#### EXERCISE DATA:
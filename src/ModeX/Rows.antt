-- ===== src/ModeX/Rows.antt =====
-- The rows that draw_horiz_line of mp2/modex.c draws, as show_screen displays them.
use ece_391_fall.Prelude.{
  ℕ, ◌+◌, ◌-◌, ◌*◌, ◌/◌, ◌%◌, ◌^◌, ◌<◌, ◌≡◌, sym, ap, ◌∙◌, arith, false, ◌||◌, Bool-cases, inl, inr,
  ◌==◌, ==_iff, if◌then◌else◌, add32, slt, sle,
}
use ece_391_fall.ModeX.{
  ModeX, scroll_size, pixel_addr, plane_of, put_row, draw_horiz_line, show_screen,
}
use ece_391_fall.ModeX.Show.{sar2_lem, cell, cell_lem, displayed, IsWindow, show_screen-cell}
use ece_391_fall.ModeX.Cells.{cells_apart, place, place-miss, place-hit, put_row-place}

module _ (s : ModeX) (win : IsWindow s) where
  abbrev row_cells : ℕ → ℕ → ℕ
  row_cells y j =
      (s.img3 + (s.show_y + y) * 80 + (s.show_x + j) / 4 + (3 - (s.show_x + j) % 4) * scroll_size)
      % 2 ^ 32

  row_cells_lem :
      (y j : ℕ) → y < 182 → j < 320 → row_cells y j ≡ cell s (s.show_x + j) (s.show_y + y)
  unfolding IsWindow
  row_cells_lem y j hy hj =
      ap (λ a. (a + (3 - (s.show_x + j) % 4) * scroll_size) % 2 ^ 32) (omega arith)
      ∙ sym (
          cell_lem s (s.show_x + j) (s.show_y + y) (omega (arith, win.0, hj))
            (omega (arith, win.1, hy)))

  abbrev with_row : ℕ → ModeX
  with_row y = record s {
    build = place 320 (row_cells y) (s.horiz_line_fn s.show_x (s.show_y + y)) 0 s.build;
  }

  draw_horiz_line-row : (y : ℕ) → y < 182 → draw_horiz_line y s ≡ (0, with_row y)
  unfolding draw_horiz_line IsWindow
  draw_horiz_line-row y hy =
      let inside : (slt y 0 || sle 182 y) ≡ false = ground (arith, hy) in
      let row : add32 y s.show_y ≡ s.show_y + y = omega (arith, win.1, hy) in
      let buf = s.horiz_line_fn s.show_x (s.show_y + y) in
      let base = s.img3 + (s.show_y + y) * 80 in
      let start : pixel_addr s s.show_x (s.show_y + y) ≡ (base + (s.show_x + 0) / 4) % 2 ^ 32 =
        rw (sar2_lem s.show_x (omega (arith, win.0))) (omega (arith, win.1, hy)) in
      let plane : plane_of s.show_x ≡ 3 - (s.show_x + 0) % 4 = omega arith in
      rw (inside, row)
        (ap (λ b. (0, record s { build = b }))
          (ap (λ a. put_row 320 a (plane_of s.show_x) buf 0 s.build) start
            ∙ ap (λ p. put_row 320 ((base + (s.show_x + 0) / 4) % 2 ^ 32) p buf 0 s.build) plane
            ∙ put_row-place 320 0 base s.show_x buf s.build))

  row-shown :
      (y i j : ℕ)
      → y < 182
      → i < 320
      → j < 182
      → (with_row y).build (cell s (s.show_x + i) (s.show_y + j)) ≡ (
          if j == y
          then s.horiz_line_fn s.show_x (s.show_y + y) i
          else s.build (cell s (s.show_x + i) (s.show_y + j)))
  row-shown y i j hy hi hj = elim (Bool-cases (j == y)) [
    | inl e ↦
        let same = (==_iff j y).0 e in
        rw e (
          ap (with_row y).build
            (ap (λ x. cell s (s.show_x + i) (s.show_y + x)) same ∙ sym (row_cells_lem y i hy hi))
          ∙ place-hit 320 0 i (row_cells y) _ s.build (omega arith) (omega (arith, hi))
              (λ l low high f.
                let apart = cells_apart s l y i y win (omega (arith, high)) hy hi hy (
                  sym (row_cells_lem y l hy (omega (arith, high))) ∙ f ∙ row_cells_lem y i hy hi) in
                omega (arith, apart.0, low)))
    | inr e ↦ rw e (
        place-miss 320 0 _ (row_cells y) _ s.build (λ l low high f.
          let apart =
            cells_apart s l y i j win (omega (arith, high)) hy hi hj
              (sym (row_cells_lem y l hy (omega (arith, high))) ∙ f) in
          ground (arith, e, apart.1)))
  ]

-- After draw_horiz_line has drawn row `y` of the window, show_screen displays in that row the line that it
-- was given, pixel by pixel, and in every other row what it would have displayed before.
pub draw_horiz_line-displayed :
    (y i j : ℕ) (s : ModeX)
    → y < 182
    → i < 320
    → j < 182
    → IsWindow s
    → displayed (show_screen (draw_horiz_line y s).1) i j ≡ (
        if j == y then s.horiz_line_fn s.show_x (s.show_y + y) i else displayed (show_screen s) i j)
unfolding IsWindow
draw_horiz_line-displayed y i j s hy hi hj win =
    ap (λ (r : ℕ × ModeX). displayed (show_screen r.1) i j) (draw_horiz_line-row s win y hy)
    ∙ show_screen-cell i j (with_row s win y) hi hj win
    ∙ row-shown s win y i j hy hi hj
    ∙ ap (λ v. if j == y then s.horiz_line_fn s.show_x (s.show_y + y) i else v)
        (sym (show_screen-cell i j s hi hj win))
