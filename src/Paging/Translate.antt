-- ===== src/Paging/Translate.antt =====
-- What the page tables mean to the processor, and what page_init maps.
use ece_391_fall.Prelude.{
  Bool, ℕ, zero, suc, ◌+◌, ◌-◌, ◌*◌, ◌/◌, ◌%◌, ◌^◌, ◌≤◌, ◌<◌, ◌≡◌, refl, arith, Option, none, some,
  ltb, leb, ◌&&◌, ◌||◌, ◌==◌, if◌then◌else◌, update,
}
use ece_391_fall.Paging.{
  Pde, Pte, Paging, kernel_addr, set_pde, set_crs, clear_entries, set_kernel_entries, page_init,
  zero_pde, zero_pte,
}

-- The page table that a directory entry points to: one of the two that the kernel has.
abbrev pub table_at : Paging → ℕ → Option (ℕ → Pte)
table_at p base =
    if base == p.page_table_addr / 2 ^ 12
    then some p.page_table
    else if base == p.user_video_page_table_addr / 2 ^ 12
    then some p.user_video_page_table
    else none

-- The step from a page table to the physical address.
abbrev pub walk_table : Option (ℕ → Pte) → ℕ → Option ℕ
walk_table none a = none
walk_table (some t) a =
    let e = t (a / 2 ^ 12 % 1024) in
    if e.present == 1 then some (e.page_base_address * 2 ^ 12 + a % 2 ^ 12) else none

-- The processor's walk: the physical address of a virtual one, `none` for a page fault.
abbrev pub translate : Paging → ℕ → Option ℕ
translate p a =
    let d = p.page_directory (a / 2 ^ 22) in
    if d.present == 1
    then if d.page_size == 1
      then some (d.page_table_base_address * 2 ^ 12 + a % 2 ^ 22)
      else walk_table (table_at p d.page_table_base_address) a
    else none

-- The loop clears the entries that it passes and no other.
clear_entries_lem :
    (k i : ℕ) (p : Paging) (j : ℕ)
    → ((clear_entries k i p).page_directory j
        ≡ (if leb i j && ltb j (i + k) then zero_pde else p.page_directory j))
      × ((clear_entries k i p).page_table j
          ≡ (if leb i j && ltb j (i + k) then zero_pte else p.page_table j))
unfolding clear_entries
clear_entries_lem zero i p j = (ground arith, ground arith)
clear_entries_lem (suc k) i p j =
    let q : Paging = record p {
      page_directory = update p.page_directory i zero_pde;
      page_table = update p.page_table i zero_pte;
    } in
    (
      ground (arith, (clear_entries_lem k (i + 1) q j).0),
      ground (arith, (clear_entries_lem k (i + 1) q j).1),
    )

clear_entries-addr :
    (k i : ℕ) (p : Paging) → (clear_entries k i p).page_table_addr ≡ p.page_table_addr
unfolding clear_entries
clear_entries-addr zero i p = refl
clear_entries-addr (suc k) i p = clear_entries-addr k (i + 1) _

-- The entry that the first slot of the directory gets.
abbrev low_pde : Paging → Pde
low_pde p = record zero_pde {
  present = 1;
  read_write = 1;
  page_table_base_address = p.page_table_addr / 2 ^ 12 % 2 ^ 20;
}

abbrev kernel_pde : Pde
kernel_pde = record zero_pde {
  present = 1;
  read_write = 1;
  page_size = 1;
  global_page = 1;
  page_table_base_address = 1024;
}

abbrev frame_pte : ℕ → Pte
frame_pte j = record zero_pte { present = 1; read_write = 1; page_base_address = j }

set_kernel_entries-directory :
    (p : Paging) (j : ℕ)
    → (set_kernel_entries p).page_directory j
      ≡ (if 1 == j then kernel_pde else if 0 == j then low_pde p else p.page_directory j)
unfolding set_kernel_entries
set_kernel_entries-directory p j = refl

page_init-directory :
    (p : Paging) (j : ℕ)
    → j < 1024
    → (page_init p).page_directory j
      ≡ (if 1 == j then kernel_pde else if 0 == j then low_pde p else zero_pde)
unfolding page_init set_crs
page_init-directory p j h =
    let q = clear_entries 1024 0 p in
    let e : q.page_directory j ≡ zero_pde = ground (arith, (clear_entries_lem 1024 0 p j).0) in
    rw (set_kernel_entries-directory q j, e, clear_entries-addr 1024 0 p)

-- The frames of the screen and of the three backup screens.
abbrev pub is_screen : ℕ → Bool
is_screen j = 0xBC == j || 0xBB == j || 0xBA == j || 0xB8 == j

set_kernel_entries-table :
    (p : Paging) (j : ℕ)
    → (set_kernel_entries p).page_table j ≡ (if is_screen j then frame_pte j else p.page_table j)
unfolding set_kernel_entries
set_kernel_entries-table p j = ground arith

page_init-table :
    (p : Paging) (j : ℕ)
    → j < 1024
    → (page_init p).page_table j ≡ (if is_screen j then frame_pte j else zero_pte)
unfolding page_init set_crs
page_init-table p j h =
    let q = clear_entries 1024 0 p in
    let e : q.page_table j ≡ zero_pte = ground (arith, (clear_entries_lem 1024 0 p j).1) in
    rw (set_kernel_entries-table q j, e)

page_init-addr : (p : Paging) → (page_init p).page_table_addr ≡ p.page_table_addr
unfolding page_init set_crs set_kernel_entries
page_init-addr p = clear_entries-addr 1024 0 p

-- The kernel's 4 MB and the four screens.
abbrev pub kernel_maps : ℕ → Bool
kernel_maps a =
    (leb kernel_addr a && ltb a (kernel_addr + 2 ^ 22))
    || (ltb a (2 ^ 22) && is_screen (a / 2 ^ 12))

-- After page_init the processor maps the kernel's 4 MB page and the pages of the screen and of the
-- three backup screens to themselves, and every other address faults.
pub translate-page_init :
    (p : Paging) (a : ℕ)
    → p.page_table_addr < 2 ^ 32
    → a < 2 ^ 32
    → translate (page_init p) a ≡ (if kernel_maps a then some a else none)
translate-page_init p a hp ha = ground (
  arith,
  page_init-directory p (a / 2 ^ 22) (omega arith),
  page_init-addr p,
  page_init-table p (a / 2 ^ 12 % 1024) (omega arith),
)

-- With the directory entry that execute, halt and the scheduler set for a process below 6, the
-- processor maps each address of the user program to that process's own 4 MB of physical memory.
pub translate-user :
    (p : Paging) (pid a : ℕ)
    → pid < 6
    → 0x8000000 ≤ a
    → a < 0x8400000
    → translate
        (record p {
          page_directory =
              set_pde p.page_directory 32 ((0x800000 + pid * kernel_addr) / 2 ^ 12) 1 0 1;
        })
        a
      ≡ some (0x800000 + pid * 2 ^ 22 + (a - 0x8000000))
unfolding set_pde
translate-user p pid a h lo hi = ground arith
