-- ===== src/Lib.antt =====
-- imi writes a disk image to a removable device and compares what arrived with the image. It runs
-- in phases: it checks its inputs (0), clears the device of mounts and swaps (1), claims it with
-- O_EXCL (2), wipes its signatures (3), writes the image (4), waits and reads it back (5), has the
-- kernel read the new partition table (6), and keeps auto-mounters off (7). The phases share a
-- guard, which warns when a run ends half-way, and an error type, which says what became of the
-- device.
--
-- The model is a shallow embedding. What the crate calls and does not implement is a record of
-- operations, Host, on a type World: the caller's event sink and cancel flag, the clock, the
-- decoders, and the kernel's calls on the device, the file system and the mount table. Any
-- cancellation, failure and delay is a choice of these operations. A function that returns Result
-- and may change the world is an Exec: a function from the world to a result and the world behind
-- it, so that what was changed before a failure stays changed; a do block is the chain of `?`.
-- What is relied on of the outside is a record of laws: Disk (a write that succeeds puts its bytes
-- in place, one that fails touches no other byte, a read returns what is there, nothing else
-- changes a byte) and Clock (it does not run backwards, a sleep lasts as long as it was told to).
-- The device of Tests.Sim satisfies both.
--
-- Which file models which part. Paths are from the root of the repository; one that starts with
-- common or phases, or names a file alone, is from crates/imi-core/src:
-- - Error: crates/imi-core/src/error.rs; Error.Classify has its laws.
-- - Events: the phases and events of events.rs; Host: the outside; Exec and Exec.Ends: actions and
--   their postconditions.
-- - Config: config.rs, common/throttle.rs, the sizes of common/aligned.rs and common/geometry.rs;
--   Pace: the pacing at the end of a round of the loops.
-- - Cancel: cancellable_sleep of common/cancel.rs; DirectIo: common/direct_io.rs.
-- - Image: the stream that a decoder yields; Image.Fill: fill_buffer of phases/phase_4.rs;
--   Image.Exact: fill_exact of phases/phase_5.rs; Image.Magic: the format checks of
--   common/image.rs; Image.Reader: ImageReader::open.
-- - Flash: flash_serial of phases/phase_4.rs; Flash.Chunk: process_chunk, the two writes and
--   flash_finalize; Flash.Pipeline: worker_loop and the loop of flash_pipelined as two machines;
--   Flash.Pipeline.Run: flash_pipelined under a schedule, and flash; Flash.Phase: run.
-- - Verify: cooldown and verify_serial of phases/phase_5.rs; Verify.Compare: compare_chunk.
-- - Wipe: preflight, tail_wipe_offset and wipe_ends of phases/phase_3.rs; Wipe.Run: wipe and run.
-- - Guard: common/guard.rs; Session: common/session.rs, the target of common/context.rs, and the
--   end of a phase's run.
-- - Identity: the record and the checks of common/identity.rs; Preflight: the guards of
--   phases/phase_0.rs; Preflight.Subtree: the devices that the target's data may be on;
--   Preflight.Run: the phase.
-- - Mount: the parser, the filters and the guards of common/mount.rs, and final_verdict of
--   phases/phase_7.rs; Mount.Octal: unescape_proc_octal; Mount.Order: deepest_first and
--   classify_dm_uuid.
-- - Mount.Scan and Mount.Detach: what of common/mount.rs reads and changes the world; Sysfs and
--   Sysfs.Names: common/sysfs.rs; Identity.Capture: the reading of an identity.
-- - Topology, Claim, KernelSync, Automount: run of phases/phase_1.rs, phase_2.rs, phase_6.rs and
--   phase_7.rs.
-- - Devices: common/devices.rs.
-- - Strings: what the crate uses of Rust's strings and paths, on bytes.
-- - Cli: the value parsers of crates/imi/src/cli.rs.
--
-- Bounds and fuel. Numbers are unbounded where the source's cannot overflow; the bounds of u64 are
-- written out where the source checks them. The sizes of a chunk and of a wiped region are
-- parameters (BUF_SIZE and WIPE_REGION in the source). The write loop has one round of fuel more
-- than the device has bytes, since every round but the last writes at least one; the compare loop
-- has as many rounds as there are bytes left; the sleep has a round for each tick and two more;
-- the walk over the holders of a device takes its fuel as a parameter, and any number above that
-- of the kernel names is enough; the rounds that close the target's subtree are bounded by the
-- same parameter. The two threads of the pipeline take at most eight steps for each byte of the
-- stream and thirteen more; each step makes at most one access to what the threads share, but for
-- the worker's last send, which is one step with its exit, and a schedule says which thread takes
-- it. Running out of fuel is an error of its own, and a pipeline that comes to no end has a result
-- of its own, which no error of the source equals.
--
-- Not modelled: run_with; a thread that cannot be spawned; the arm of phase 5 that reads a
-- compressed image on a second thread; the terminal front end; the text of messages.
pub mod Common
pub mod Error
pub mod Exec
pub mod Events
pub mod Host
pub mod Image
pub mod Config
pub mod Cancel
pub mod DirectIo
pub mod Pace
pub mod Flash
pub mod Verify
pub mod Session
pub mod Wipe
pub mod Guard
pub mod Preflight
pub mod Identity
pub mod Cli
pub mod Devices
pub mod Sysfs
pub mod Topology
pub mod Claim
pub mod KernelSync
pub mod Automount
pub mod Mount
pub mod Strings
pub mod Tests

#### EXERCISE REQUIREMENTS:
If the string "Host" is in a line of the entries, pick that line out.

#### RESPONSE AREA:
-- operations, Host, on a type World: the caller's event sink and cancel flag, the clock, the
-- - Events: the phases and events of events.rs; Host: the outside; Exec and Exec.Ends: actions and
pub mod Host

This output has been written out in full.